Understanding Consistency Levels in Azure Cosmos DB
Azure Cosmos DB is a globally distributed, multi-model database service. When you have data replicated across multiple regions, you need to understand how reads and writes are handled to ensure your application behaves as expected. This is where consistency levels come into play.
Azure Cosmos DB offers five well-defined consistency levels that allow you to balance strong consistency with availability and latency. The choice of consistency level has a direct impact on read latency, write availability, and how quickly changes are propagated across all regions.
Key Takeaway: Choosing the right consistency level is crucial for optimizing your application's performance and user experience in a distributed environment. Most applications can start with a strong quorum or bounded staleness consistency level.
The Five Consistency Levels
The following table summarizes the five consistency levels provided by Azure Cosmos DB, from strongest to weakest:
| Consistency Level | Read Cost | Write Cost | Availability | Latency | Data Staleness | Notes |
|---|---|---|---|---|---|---|
| Strong | 1 RU/op | 1 RU/op | High | Lowest | None | Guarantees that a read returns the most up-to-date data, even across regions. |
| Bounded Staleness | 1 RU/op | 1 RU/op | High | Low | At most 'k' versions of an item or 't' time interval | Reads are guaranteed to be at most 'k' versions or 't' time interval behind the writes. |
| Session | 1 RU/op | 1 RU/op | High | Low | At most one version of an item | Guarantees that within a single client session, reads will reflect writes performed in the same session. |
| Consistent Prefix | 1 RU/op | 1 RU/op | High | Low | Any prefix of the history | Reads return a prefix of the history of writes, but not necessarily the latest write. |
| Eventual | 1 RU/op | 1 RU/op | Highest | Highest | Potentially stale | Reads may return stale data, but all reads will eventually converge to the latest state. |
Understanding the Trade-offs
When designing your application, consider the following trade-offs:
- Consistency vs. Availability: Stronger consistency levels offer greater data guarantees but may reduce availability during network partitions.
- Consistency vs. Latency: Stronger consistency often leads to higher read latency as the system needs to coordinate across more replicas.
- Cost: All consistency levels have the same RU costs for read and write operations. The difference lies in the performance and availability characteristics.
Visualizing Consistency
The following diagram illustrates how data propagates across regions for different consistency levels. (Note: This is a conceptual placeholder.)
Choosing the Right Consistency Level
Here are some common scenarios and recommended consistency levels:
- Shopping Cart/User Profiles: Session consistency is often sufficient, as users primarily interact with their own data.
- Leaderboards/Analytics: Eventual or Consistent Prefix might be acceptable if a slight delay in seeing the absolute latest data is tolerable.

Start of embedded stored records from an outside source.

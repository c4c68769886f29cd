-- ===== src/ResourceManager.antt =====
-- MusicServer/inc/resourceManager.h and the state machine of MusicServer/src/resourceManager.c. The
-- manager takes one message at a time from its queue.
pub mod Requests
pub mod Answers
pub mod Effects
pub mod Registered
pub mod Served
pub mod Freed
pub mod Machine
pub mod Edges
pub mod Diagram
pub mod Ends
pub mod Completed
pub mod Finished
pub mod Stall
pub mod Download
pub mod Loaded
pub mod Fetched
use music_server_app.Base.{ℕ, List, Option, none, some}
use music_server_app.ClientDb.{Server, ClntMsg, Mp3FileReq, FileName}

-- `rmMsg_t`, with the data that each message carries.
pub data RmMsg : Type 0 where
  clnt_msg : ClntMsg → RmMsg
  mplayer_done mplayer_stop mplayer_err : RmMsg
  dw_complete dw_err : Mp3FileReq → RmMsg

-- `rmState_e`
pub data RmState : Type 0 where
  idle downloading playing playing_downloading playing_downloaded : RmState

-- `RManager`, with what it shares with the worker threads. `is_active` is the jukebox's field, and
-- `picks` numbers the songs that the jukebox still finds.
pub record RManager : Type 0 where
  pub rm_state : RmState
  pub is_active : ℕ
  pub rm_queue : List RmMsg
  pub server : Server
  pub open server use *
  pub picks : ℕ → ℕ

-- The functions that `rmRunState` points to.
pub data StateFunc : Type 0 where
  print_rm_state_error move_to_idle move_to_downloading move_to_playing : StateFunc
  move_to_playing_schedule_next move_to_playing_downloaded call_schedular : StateFunc

-- The table that `initRmManager` fills; `none` is a `NULL` entry.
unfoldable pub rm_run_state : RmState → RmMsg → Option StateFunc
rm_run_state RmState.idle (clnt_msg m) = some call_schedular
rm_run_state RmState.idle _ = some print_rm_state_error
rm_run_state RmState.downloading (clnt_msg m) = none
rm_run_state RmState.downloading (dw_complete r) = some move_to_playing
rm_run_state RmState.downloading (dw_err r) = some move_to_idle
rm_run_state RmState.downloading _ = some print_rm_state_error
rm_run_state RmState.playing (clnt_msg m) = some call_schedular
rm_run_state RmState.playing (dw_complete r) = some print_rm_state_error
rm_run_state RmState.playing (dw_err r) = some print_rm_state_error
rm_run_state RmState.playing _ = some move_to_idle
rm_run_state RmState.playing_downloading (clnt_msg m) = none
rm_run_state RmState.playing_downloading (dw_complete r) = some move_to_playing_downloaded
rm_run_state RmState.playing_downloading (dw_err r) = some move_to_playing_schedule_next
rm_run_state RmState.playing_downloading _ = some move_to_downloading
rm_run_state RmState.playing_downloaded (clnt_msg m) = none
rm_run_state RmState.playing_downloaded (dw_complete r) = some print_rm_state_error
rm_run_state RmState.playing_downloaded (dw_err r) = some print_rm_state_error
rm_run_state RmState.playing_downloaded _ = some move_to_playing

- Financial Transactions/Inventory Management: Strong consistency is typically required to prevent data anomalies like double-spending or incorrect inventory counts.
- Global Applications with High Read/Write Throughput: Bounded Staleness offers a good balance between strong consistency and low latency/high availability.
You can configure the default consistency level for your Azure Cosmos DB account at the account level. You can also override the consistency level per request.
Important: Azure Cosmos DB guarantees that all operations within a single logical partition will be applied in the order they are written, regardless of the consistency level chosen for the account.
Default Consistency Level
If you don't explicitly set a consistency level, Azure Cosmos DB defaults to the Session consistency level. This provides a good balance for most applications.
Conclusion
Understanding and selecting the appropriate consistency level for your Azure Cosmos DB account is a critical step in designing highly available, performant, and correct distributed applications. Evaluate your application's requirements for data freshness, availability, and latency to make the optimal choice.